Snakemake executor plugin: deeporigin

https://img.shields.io/badge/repository-github-blue?color=%23022c22 https://img.shields.io/badge/author-Bilal%20Shaikh-purple?color=%23064e3b PyPI - Version PyPI - License

Warning

This plugin is not maintained and reviewed by the official Snakemake organization.

Warning

No documentation found in repository https://github.com/deeporiginbio/snakemake-executor-plugin-deeporigin. The plugin should provide a docs/intro.md with some introductory sentences and optionally a docs/further.md file with details beyond the auto-generated usage instructions presented in this catalog.

Installation

Install this plugin by installing it with pip or mamba, e.g.:

pip install snakemake-executor-plugin-deeporigin

Usage

In order to use the plugin, run Snakemake (>=8.0) in the folder where your workflow code and config resides (containing either workflow/Snakefile or Snakefile) with the corresponding value for the executor flag:

snakemake --executor deeporigin --default-resources --jobs N ...

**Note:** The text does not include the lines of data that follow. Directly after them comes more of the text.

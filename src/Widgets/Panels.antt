-- ===== src/Widgets/Panels.antt =====
-- The panels of the tabs that have a help button, and a heading that does not depend on the data.
use drishtiscope_oss.Common.{String, Option, some, List, [], ◌∷◌}

-- Panel: the part of its arguments that the headings are.
pub record PanelHead : Type 0 where
  pub title : String
  pub subtitle : Option String
  pub help_metric_id : String
  pub help_color : String

abbrev pub monarch_vitals_panel : PanelHead
monarch_vitals_panel = record {
  title = "Monarch Vitals: Synchronized Traffic vs Latency Waveform";
  subtitle =
      some
        "Real-time 60-second correlation between Syscall Traffic (RPS) and Kernel Execution P99 Latency (µs)";
  help_metric_id = "p99_latency";
  help_color = "amber";
}

abbrev pub continuous_ebpf_profiler_panel : PanelHead
continuous_ebpf_profiler_panel = record {
  title = "Continuous eBPF Profiler: CPU Stack Frame Breakdown";
  subtitle = some "Continuous low-overhead eBPF CPU instruction sampling & execution call tree";
  help_metric_id = "flamegraph_cpu";
  help_color = "cyan";
}

abbrev pub perfetto_kernel_trace_timeline_panel : PanelHead
perfetto_kernel_trace_timeline_panel = record {
  title = "Perfetto Kernel Trace Timeline";
  subtitle =
      some
        "Multi-lane timeline of asynchronous kernel syscalls, sockets, and task scheduler events";
  help_metric_id = "perfetto_trace";
  help_color = "purple";
}

abbrev pub system_metrics_waveform_panel : PanelHead
system_metrics_waveform_panel = record {
  title = "System Metrics Waveform";
  subtitle = some "60s synchronized CPU, Storage, and Network waveforms";
  help_metric_id = "cpu_pct";
  help_color = "cyan";
}

abbrev pub top_system_calls_panel : PanelHead
top_system_calls_panel = record {
  title = "Top System Calls";
  subtitle = some "Active execution distribution";
  help_metric_id = "syscalls_per_sec";
  help_color = "cyan";
}

abbrev pub active_linux_process_hierarchy_panel : PanelHead
active_linux_process_hierarchy_panel = record {
  title = "Active Linux Process Hierarchy";
  subtitle = some "Live /proc and eBPF aggregated process state";
  help_metric_id = "pid";
  help_color = "blue";
}

abbrev pub syscall_category_distribution_panel : PanelHead
syscall_category_distribution_panel = record {
  title = "Syscall Category Distribution";
  subtitle = some "Proportional workload by Linux syscall subsystem";
  help_metric_id = "syscalls_per_sec";
  help_color = "cyan";
}

abbrev pub memory_subsystem_breakdown_panel : PanelHead
memory_subsystem_breakdown_panel = record {
  title = "Memory Subsystem Breakdown";
  subtitle = some "Resident RSS vs Page Cache vs Shared Libs (MB)";
  help_metric_id = "rss_bytes";
  help_color = "purple";
}

abbrev pub disk_block_throughput_iops_panel : PanelHead
disk_block_throughput_iops_panel = record {
  title = "Disk Block Throughput & IOPS";
  subtitle = some "Read KB/s vs Write KB/s (bars) + IOPS overlay (line)";
  help_metric_id = "disk_io";
  help_color = "emerald";
}

abbrev pub kernel_context_switches_threads_panel : PanelHead
kernel_context_switches_threads_panel = record {
  title = "Kernel Context Switches & Threads";
  subtitle = some "Scheduling pressure & voluntary context switch rate";
  help_metric_id = "ctx_switches";
  help_color = "blue";
}

abbrev pub tcp_socket_state_spectrum_panel : PanelHead
tcp_socket_state_spectrum_panel = record {
  title = "TCP Socket State Spectrum";
  subtitle = some "Active connections mapped by kernel TCP FSM state";
  help_metric_id = "tcp_state";
  help_color = "amber";
}

abbrev pub security_kernel_denial_trends_panel : PanelHead
security_kernel_denial_trends_panel = record {
  title = "Security & Kernel Denial Trends";
  subtitle = some "EACCES violations, blocked connect() calls & sensitive procfs touches";
  help_metric_id = "chronicle_security";
  help_color = "rose";
}

abbrev pub structured_kernel_log_explorer_panel : PanelHead
structured_kernel_log_explorer_panel = record {
  title = "Structured Kernel Log Explorer";
  subtitle = some "Security audit telemetry & JSON LogEntry records";
  help_metric_id = "chronicle_security";
  help_color = "rose";
}

abbrev pub panels : List PanelHead
panels =
    monarch_vitals_panel ∷ continuous_ebpf_profiler_panel ∷ perfetto_kernel_trace_timeline_panel
    ∷ system_metrics_waveform_panel ∷ top_system_calls_panel ∷ active_linux_process_hierarchy_panel
    ∷ syscall_category_distribution_panel ∷ memory_subsystem_breakdown_panel
    ∷ disk_block_throughput_iops_panel ∷ kernel_context_switches_threads_panel
    ∷ tcp_socket_state_spectrum_panel ∷ security_kernel_denial_trends_panel
    ∷ structured_kernel_log_explorer_panel ∷ []
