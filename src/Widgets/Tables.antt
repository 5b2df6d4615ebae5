-- ===== src/Widgets/Tables.antt =====
-- The headings of the tables and the panels of the tabs, with the help button that each has.
use drishtiscope_oss.Common.{String, Option, none, some, List, [], ◌∷◌}

-- MetricHelpButton: the guide that it opens, its colour, and its title where it is given one.
pub record HelpButton : Type 0 where
  pub metric_id : String
  pub color : String
  pub title : Option String

pub record Column : Type 0 where
  pub heading : String
  pub help : Option HelpButton

abbrev column : String → String → String → Option String → Column
column heading id color title = record {
  heading = heading;
  help = some (record { metric_id = id; color = color; title = title });
}

abbrev bare : String → Column
bare heading = record { heading = heading; help = none }

pub data Table : Type 0 where
  process_table file_table flow_table syscall_table history_table : Table

abbrev pub process_columns : List Column
process_columns =
    column "PID" "pid" "blue" none
    ∷ column "COMM" "comm" "cyan" none
    ∷ column "CPU%" "cpu_pct" "cyan" none
    ∷ column "RSS" "rss_bytes" "purple" none
    ∷ column "THR" "threads" "blue" none
    ∷ column "FDS" "open_fds" "amber" none
    ∷ column "ST" "process_state" "emerald" none
    ∷ bare "ACTION"
    ∷ []

abbrev pub file_columns : List Column
file_columns =
    column "PATH" "file_ops" "cyan" (some "Filesystem path inspected by eBPF openat")
    ∷ column "OPS/S" "file_ops" "amber" (some "File operations frequency")
    ∷ column "BYTES/S" "disk_io" "emerald" (some "I/O throughput in bytes per second")
    ∷ column "ERRS" "err_syscalls_per_sec" "rose" (some "Failed I/O syscalls (ENOENT, EACCES)")
    ∷ []

abbrev pub flow_columns : List Column
flow_columns =
    column "COMM" "pid" "blue" (some "Process identity & socket owner")
    ∷ column "PROTO" "tcp_flows" "cyan" (some "Transport layer protocol (TCP/UDP)")
    ∷ column "SRC" "tcp_flows" "purple" (some "Local endpoint & ephemeral port")
    ∷ column "DST" "tcp_flows" "purple" (some "Remote destination endpoint & port")
    ∷ column "TX" "net_throughput" "cyan" (some "Bytes transmitted outbound")
    ∷ column "RX" "net_throughput" "emerald" (some "Bytes received inbound")
    ∷ column "STATE" "tcp_state" "amber" (some "Kernel TCP Finite State Machine")
    ∷ []

abbrev pub syscall_columns : List Column
syscall_columns =
    column "SYSCALL" "syscalls_per_sec" "cyan" (some "System call execution rate")
    ∷ column "COUNT/S" "syscalls_per_sec" "blue" (some "Syscall invocations per second")
    ∷ column "ERRS" "err_syscalls_per_sec" "rose" (some "Syscall errno return codes")
    ∷ []

abbrev pub history_columns : List Column
history_columns =
    column "RECORD ID" "sqlite_tsdb" "amber" none
    ∷ bare "TIMESTAMP"
    ∷ column "TARGET" "pid" "blue" none
    ∷ column "CPU %" "cpu_pct" "cyan" none
    ∷ column "THREADS" "threads" "blue" none
    ∷ column "RSS" "rss_bytes" "purple" none
    ∷ column "SYSCALLS/S" "syscalls_per_sec" "cyan" none
    ∷ column "NET BPS" "net_throughput" "amber" none
    ∷ column "DISK BPS" "disk_io" "emerald" none
    ∷ []

unfoldable pub columns : Table → List Column
columns process_table = process_columns
columns file_table = file_columns
columns flow_table = flow_columns
columns syscall_table = syscall_columns
columns history_table = history_columns
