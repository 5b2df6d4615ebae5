-- ===== src/Widgets/Guides.antt =====
-- The help buttons of the headings lead to guides.
use drishtiscope_oss.Common.{Option, none, some, List, refl, All}
use drishtiscope_oss.Docs.{lookup}
use drishtiscope_oss.Help.{shown_doc, info}
use drishtiscope_oss.Help.Laws.{IsGuided, guided}
use drishtiscope_oss.Store.Types.{TabType, story, basic, medium, advanced, complete, ScratchGraph}
use drishtiscope_oss.Store.Graphs.{initial_scratch_graphs}
use drishtiscope_oss.Tabs.Medium.{Tile, tiles}
use drishtiscope_oss.Protocol.{Snapshot}
use drishtiscope_oss.Common.{ℕ}
use drishtiscope_oss.Widgets.Panels.{PanelHead, panels}
use drishtiscope_oss.Widgets.Tables.{
  HelpButton, Column, Table, process_table, file_table, flow_table, syscall_table, history_table,
  columns,
}

abbrev pub HasGuide : Option HelpButton → Type 0
HasGuide none = Unit
HasGuide (some h) = IsGuided h.metric_id

columns-HasGuide : (t : Table) → All (λ (c : Column). HasGuide c.help) (columns t)
unfolding columns shown_doc lookup
columns-HasGuide process_table = (
  guided refl,
  (
    guided refl,
    (guided refl, (guided refl, (guided refl, (guided refl, (guided refl, (tt, tt)))))),
  ),
)
columns-HasGuide file_table = (guided refl, (guided refl, (guided refl, (guided refl, tt))))
columns-HasGuide flow_table = (
  guided refl,
  (guided refl, (guided refl, (guided refl, (guided refl, (guided refl, (guided refl, tt)))))),
)
columns-HasGuide syscall_table = (guided refl, (guided refl, (guided refl, tt)))
columns-HasGuide history_table = (
  guided refl,
  (
    tt,
    (
      guided refl,
      (guided refl, (guided refl, (guided refl, (guided refl, (guided refl, (guided refl, tt)))))),
    ),
  ),
)

panels-HasGuide : All (λ (p : PanelHead). IsGuided p.help_metric_id) panels
unfolding shown_doc lookup
panels-HasGuide = (
  guided refl,
  (
    guided refl,
    (
      guided refl,
      (
        guided refl,
        (
          guided refl,
          (
            guided refl,
            (
              guided refl,
              (
                guided refl,
                (guided refl, (guided refl, (guided refl, (guided refl, (guided refl, tt))))),
              ),
            ),
          ),
        ),
      ),
    ),
  ),
)

tiles-HasGuide :
    (locale : ℕ → List ℕ) (s : Option Snapshot)
    → All (λ (t : Tile). IsGuided t.metric_id) (tiles locale s)
unfolding tiles shown_doc lookup
tiles-HasGuide locale s = (
  guided refl,
  (
    guided refl,
    (guided refl, (guided refl, (guided refl, (guided refl, (guided refl, (guided refl, tt)))))),
  ),
)

info-HasGuide : (tab : TabType) → IsGuided (info tab).help_metric_id
unfolding shown_doc lookup
info-HasGuide story = guided refl
info-HasGuide basic = guided refl
info-HasGuide medium = guided refl
info-HasGuide advanced = guided refl
info-HasGuide complete = guided refl

graphs-HasGuide : All (λ (g : ScratchGraph). IsGuided g.help_metric_id) initial_scratch_graphs
unfolding shown_doc lookup
graphs-HasGuide = (guided refl, (guided refl, (guided refl, tt)))

-- Every help button of a table's headings, of a panel of the tabs, of a tile, of the card of a tab and
-- of a scratch graph that is there from the start opens the guide that has its id.
pub buttons-HasGuide :
    (table : Table) (tab : TabType) (locale : ℕ → List ℕ) (s : Option Snapshot)
    → All (λ (c : Column). HasGuide c.help) (columns table)
      × All (λ (p : PanelHead). IsGuided p.help_metric_id) panels
      × All (λ (t : Tile). IsGuided t.metric_id) (tiles locale s)
      × All (λ (g : ScratchGraph). IsGuided g.help_metric_id) initial_scratch_graphs
      × IsGuided (info tab).help_metric_id
buttons-HasGuide table tab locale s = (
  columns-HasGuide table,
  panels-HasGuide,
  tiles-HasGuide locale s,
  graphs-HasGuide,
  info-HasGuide tab,
)
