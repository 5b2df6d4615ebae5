-- ===== src/Widgets/Tiles.antt =====
-- What KPITile, Panel and Timeline of frontend/src/components draw of their arguments. An argument that is
-- not given is `none`; icons, and the action and the content of a panel, are drawn as they are given.
use drishtiscope_oss.Common.{
  ℕ, String, Option, none, some, Bool, false, not, ◌==◌, ◌||◌, List, [], ◌∷◌, map_from,
  if◌then◌else◌,
}
use drishtiscope_oss.Common.Fallback.{or_text}
use drishtiscope_oss.Common.Int.{ℤ}
use drishtiscope_oss.Protocol.{EventRow}
use drishtiscope_oss.Widgets.{
  tile_help_color, delta_color, delta_text, sparkline, Point, visible_events,
}
use drishtiscope_oss.Widgets.Cells.{EventCells, event_cells}

-- `text && …`: an empty text is not drawn.
abbrev pub if_given : Option String → Option String
if_given none = none
if_given (some t) = if t == "" then none else some t

abbrev pub is_given : Option String → Bool
is_given none = false
is_given (some t) = not (t == "")

pub record TileProps : Type 0 where
  pub label : String
  pub value : String
  pub unit : Option String
  pub delta : Option ℤ
  pub spark_data : Option (List ℕ)
  pub color : Option String
  pub metric_id : Option String
  pub help_color : Option String

-- A help button: its metric and its colour.
pub record HelpButton : Type 0 where
  pub metric_id : String
  pub color : String

pub record KpiTile : Type 0 where
  pub label : String
  pub help : Option HelpButton
  pub value : String
  pub unit : Option String
  pub delta : Option (String × List ℕ)
  pub spark : Option (List Point)

-- `color = '#3dd68c'`: the default is for a colour that is not given.
abbrev pub tile_color : Option String → String
tile_color none = "#3dd68c"
tile_color (some c) = c

abbrev pub tile_help : TileProps → Option HelpButton
unfolding tile_help_color
tile_help p = elim (if_given p.metric_id) [
  | none ↦ none
  | some id ↦
      some (record { metric_id = id; color = tile_help_color p.help_color (tile_color p.color) })
]

abbrev pub tile_delta : Option ℤ → Option (String × List ℕ)
unfolding delta_color delta_text
tile_delta none = none
tile_delta (some d) = some (delta_color d, delta_text d)

-- The sparkline of a tile is 200 wide and 40 high.
abbrev pub tile_spark : Option (List ℕ) → Option (List Point)
unfolding sparkline
tile_spark none = none
tile_spark (some points) = sparkline 200 40 points

unfoldable pub kpi_tile : TileProps → KpiTile
kpi_tile p = record {
  label = p.label;
  help = tile_help p;
  value = p.value;
  unit = if_given p.unit;
  delta = tile_delta p.delta;
  spark = tile_spark p.spark_data;
}

pub record PanelProps : Type 0 where
  pub title : Option String
  pub subtitle : Option String
  pub has_action : Bool
  pub help_metric_id : Option String
  pub help_color : Option String

pub record PanelTop : Type 0 where
  pub title : Option String
  pub help : Option HelpButton
  pub subtitle : Option String

abbrev pub color_or_cyan : Option String → String
color_or_cyan none = "cyan"
color_or_cyan (some c) = or_text c "cyan"

-- The help button stands beside the title, and so only where there is one.
abbrev pub panel_help : PanelProps → Option HelpButton
panel_help p =
    if is_given p.title
    then elim (if_given p.help_metric_id) [
      | none ↦ none
      | some id ↦ some (record { metric_id = id; color = color_or_cyan p.help_color })
    ]
    else none

-- The head of a panel, where it has one.
unfoldable pub panel_top : PanelProps → Option PanelTop
panel_top p =
    if is_given p.title || (is_given p.subtitle || p.has_action)
    then some
        (record { title = if_given p.title; help = panel_help p; subtitle = if_given p.subtitle })
    else none

-- The key of an event: its id, or else its place.
pub data RowKey : Type 0 where
  by_id : String → RowKey
  by_place : ℕ → RowKey

abbrev pub row_key : ℕ → EventRow → RowKey
row_key i e = if e.id == "" then by_place i else by_id e.id

-- What a list of events draws: a text, or its events with a key for each.
pub data TimelineBody : Type 0 where
  no_events : String → TimelineBody
  rows : List (RowKey × EventCells) → TimelineBody

module _ (expanded : EventRow → Bool) (elapsed : EventRow → ℤ) where
  abbrev pub event_row : EventRow → ℕ → RowKey × EventCells
  unfolding event_cells
  event_row e i = (row_key i e, event_cells (expanded e) (elapsed e) e)

  abbrev pub timeline_body : List EventRow → TimelineBody
  timeline_body [] = no_events "No events yet..."
  timeline_body (e ∷ es) = rows (map_from event_row 0 (e ∷ es))

  unfoldable pub timeline : List EventRow → TimelineBody
  unfolding visible_events
  timeline events = timeline_body (visible_events events)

with N being the number of jobs you want to run in parallel and ... being any additional arguments you want to use (see below). The machine on which you run Snakemake must have the executor plugin installed, and, depending on the type of the executor plugin, have access to the target service of the executor plugin (e.g. an HPC middleware like slurm with the sbatch command, or internet access to submit jobs to some cloud provider, e.g. azure).

The flag --default-resources ensures that Snakemake auto-calculates the mem and disk resources for each job, based on the input file size. The values assumed there are conservative and should usually suffice. However, you can always override those defaults by specifying the resources in your Snakemake rules or via the --set-resources flag.

Depending on the executor plugin, you might either rely on a shared local filesystem or use a remote filesystem or storage. For the latter, you have to additionally use a suitable storage plugin (see section storage plugins in the sidebar of this catalog) and eventually check for further recommendations in the sections below.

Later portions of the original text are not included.